De fato, houve uma corrida pela formação continuada dos docentes. Em 2001 havia pouco mais de 122 mil professores lecionando. No ano passado, esse número alcançou a casa dos 212 mil, um aumento de 73%. Já as especializações foram muito além. O crescimento de professores doutores foi de 154% e o de mestres 122% no mesmo período.Necessidade de mais docentes x crescimento de especialistas
Financiamento estudantil e o colapso americano
O financiamento público para o ensino superior cresce exponencialmente a cada ano no Brasil e da mesma forma aumentam as expectativas sobre a sua sustentabilidade. Isso porque até agora nenhum centavo retornou aos cofres do governo federal. Os primeiros alunos contemplados em 2010 começarão a pagar suas dívidas no segundo semestre do ano que vem. O Fies entende que 18 meses são suficientes para o profissional já diplomado encontrar um trabalho e iniciar a quitação do seu financiamento. A expectativa dos especialistas é que, com esse retorno o fundo tenha caixa para realimentar o sistema. Porém, esse processo depende do crescimento da economia e da abertura de novos postos de trabalho. O exemplo americano, que já tem uma longa cultura de financiamentos federais, levanta um dado preocupante. A dívida estudantil no país já soma US$ 1,2 trilhão aos cofres públicos, e a inadimplência praticamente dobrou na última década. Em 2003, 6,2% dos alunos estavam em atraso com seus financiamentos, enquanto em 2013 esse número passou para 11,5%. De acordo com o Institute of Education Sciences, uma das justificativas é a elevação do valor médio das mensalidades, que subiu 70% no período entre 2000 e 2010.

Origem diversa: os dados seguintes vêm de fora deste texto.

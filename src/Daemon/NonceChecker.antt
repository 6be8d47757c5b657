-- ===== src/Daemon/NonceChecker.antt =====
-- The nonces used while a chain of blocks is executed: xelis_daemon/src/core/nonce_checker.rs. The
-- storage's search for an account's nonce is a parameter.
pub mod Entry
pub mod Uses
use blockchain_xelis.Prelude.{
  ℕ, ◌+◌, ◌%◌, Bool, true, false, not, List, [], ◌∷◌, ◌++◌, Option, none, some, ◌==◌, ◌||◌,
  if◌then◌else◌, Result, ok, err, Eq, update, u64_mod,
}
use blockchain_xelis.Account.Nonce.{VersionedNonce}

pub record AccountEntry : Type 0 where
  pub initial_nonce : ℕ
  pub expected_nonce : ℕ
  -- The `IndexMap`, in the order of insertion: the nonce and the topoheight of the block that used it.
  pub used_nonces : List (ℕ × ℕ)

unfoldable pub new_entry : ℕ → AccountEntry
new_entry nonce = record { initial_nonce = nonce; expected_nonce = nonce; used_nonces = [] }

unfoldable pub contains_key : List (ℕ × ℕ) → ℕ → Bool
contains_key [] nonce = false
contains_key (used ∷ rest) nonce = if used.0 == nonce then true else contains_key rest nonce

unfoldable pub contains_nonce : AccountEntry → ℕ → Bool
unfolding contains_key
contains_nonce entry nonce = contains_key entry.used_nonces nonce

unfoldable pub insert_nonce_at_topoheight : AccountEntry → ℕ → ℕ → AccountEntry × Bool
unfolding contains_nonce
insert_nonce_at_topoheight entry nonce topoheight =
    if contains_nonce entry nonce || not (nonce == entry.expected_nonce) then (entry, false) else (
      record entry {
        expected_nonce = (nonce + 1) % u64_mod;
        used_nonces = entry.used_nonces ++ (nonce, topoheight) ∷ [];
      },
      true,
    )

unfoldable pub shift_remove : List (ℕ × ℕ) → ℕ → List (ℕ × ℕ)
shift_remove [] nonce = []
shift_remove (used ∷ rest) nonce =
    let kept = shift_remove rest nonce in if used.0 == nonce then rest else used ∷ kept

unfoldable pub last : List (ℕ × ℕ) → Option (ℕ × ℕ)
last [] = none
last (used ∷ []) = some used
last (used ∷ next ∷ rest) = last (next ∷ rest)

-- The nonce expected after the last one in use, or the initial one.
unfoldable pub expected_after : ℕ → Option (ℕ × ℕ) → ℕ
expected_after initial_nonce none = initial_nonce
expected_after initial_nonce (some previous) = (previous.0 + 1) % u64_mod

-- `undo_nonce` on the entry of the key.
unfoldable pub undo_entry : AccountEntry → ℕ → AccountEntry
unfolding shift_remove last expected_after
undo_entry entry nonce =
    let used = shift_remove entry.used_nonces nonce in
    record entry {
      expected_nonce = expected_after entry.initial_nonce (last used);
      used_nonces = used;
    }

pub data BlockchainError (K E : Type 0) : Type 0 where
  account_not_found : K → BlockchainError K E
  storage_error : E → BlockchainError K E

-- The cache of entries, by what it holds for each key.
pub record NonceChecker (K : Type 0) : Type 0 where
  pub cache : K → Option AccountEntry

module _ {K : Type 0} where
  unfoldable pub new : NonceChecker K
  new = record { cache = λ key. none }

  unfoldable pub get_new_nonce : {E : Type 0} → NonceChecker K → K → Result (BlockchainError K E) ℕ
  get_new_nonce checker key = elim (checker.cache key) [
    | some entry ↦ ok entry.expected_nonce
    | none ↦ err (account_not_found key)
  ]

module _ {K : Type 0} ⦃eq : Eq K⦄ where
  abbrev pub insert_entry : NonceChecker K → K → AccountEntry → NonceChecker K
  insert_entry checker key entry = record { cache = update checker.cache key (some entry) }

  unfoldable pub undo_nonce : NonceChecker K → K → ℕ → NonceChecker K
  unfolding undo_entry
  undo_nonce checker key nonce = elim (checker.cache key) [
    | some entry ↦ insert_entry checker key (undo_entry entry nonce)
    | none ↦ checker
  ]

  unfoldable pub use_nonce :
      {E : Type 0}
      (get_nonce_at_maximum_topoheight : K → ℕ → Result E (Option (ℕ × VersionedNonce)))
      → NonceChecker K
      → K
      → ℕ
      → ℕ
      → NonceChecker K × Result (BlockchainError K E) Bool
  unfolding insert_nonce_at_topoheight new_entry
  use_nonce get_nonce_at_maximum_topoheight checker key nonce topoheight =
      elim (checker.cache key) [
        | some entry ↦
            let inserted = insert_nonce_at_topoheight entry nonce topoheight in
            (insert_entry checker key inserted.0, ok inserted.1)
        | none ↦ elim (get_nonce_at_maximum_topoheight key topoheight) [
          | err e ↦ (checker, err (storage_error e))
          | ok none ↦ (checker, err (account_not_found key))
          | ok (some found) ↦
              let inserted =
                insert_nonce_at_topoheight (new_entry found.1.nonce) nonce topoheight in
              (insert_entry checker key inserted.0, ok inserted.1)
        ]
      ]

Para o diretor-executivo da Abmes Sólon Caldas, o Fies não corre o mesmo risco da inadimplência que os americanos enfrentam. Entre as principais justificativas, destaca a baixa taxa de juro cobrada (3,4% ao ano), a possibilidade de os egressos em pedagogia e medicina quitarem suas dívidas através da prestação de serviços em instituições públicas de ensino e no Sistema Único de Saúde (SUS) e, por fim, a garantia de 90% da operação mantida pelo Fundo de Garantia de Operações de Crédito Educativo (Fgeduc).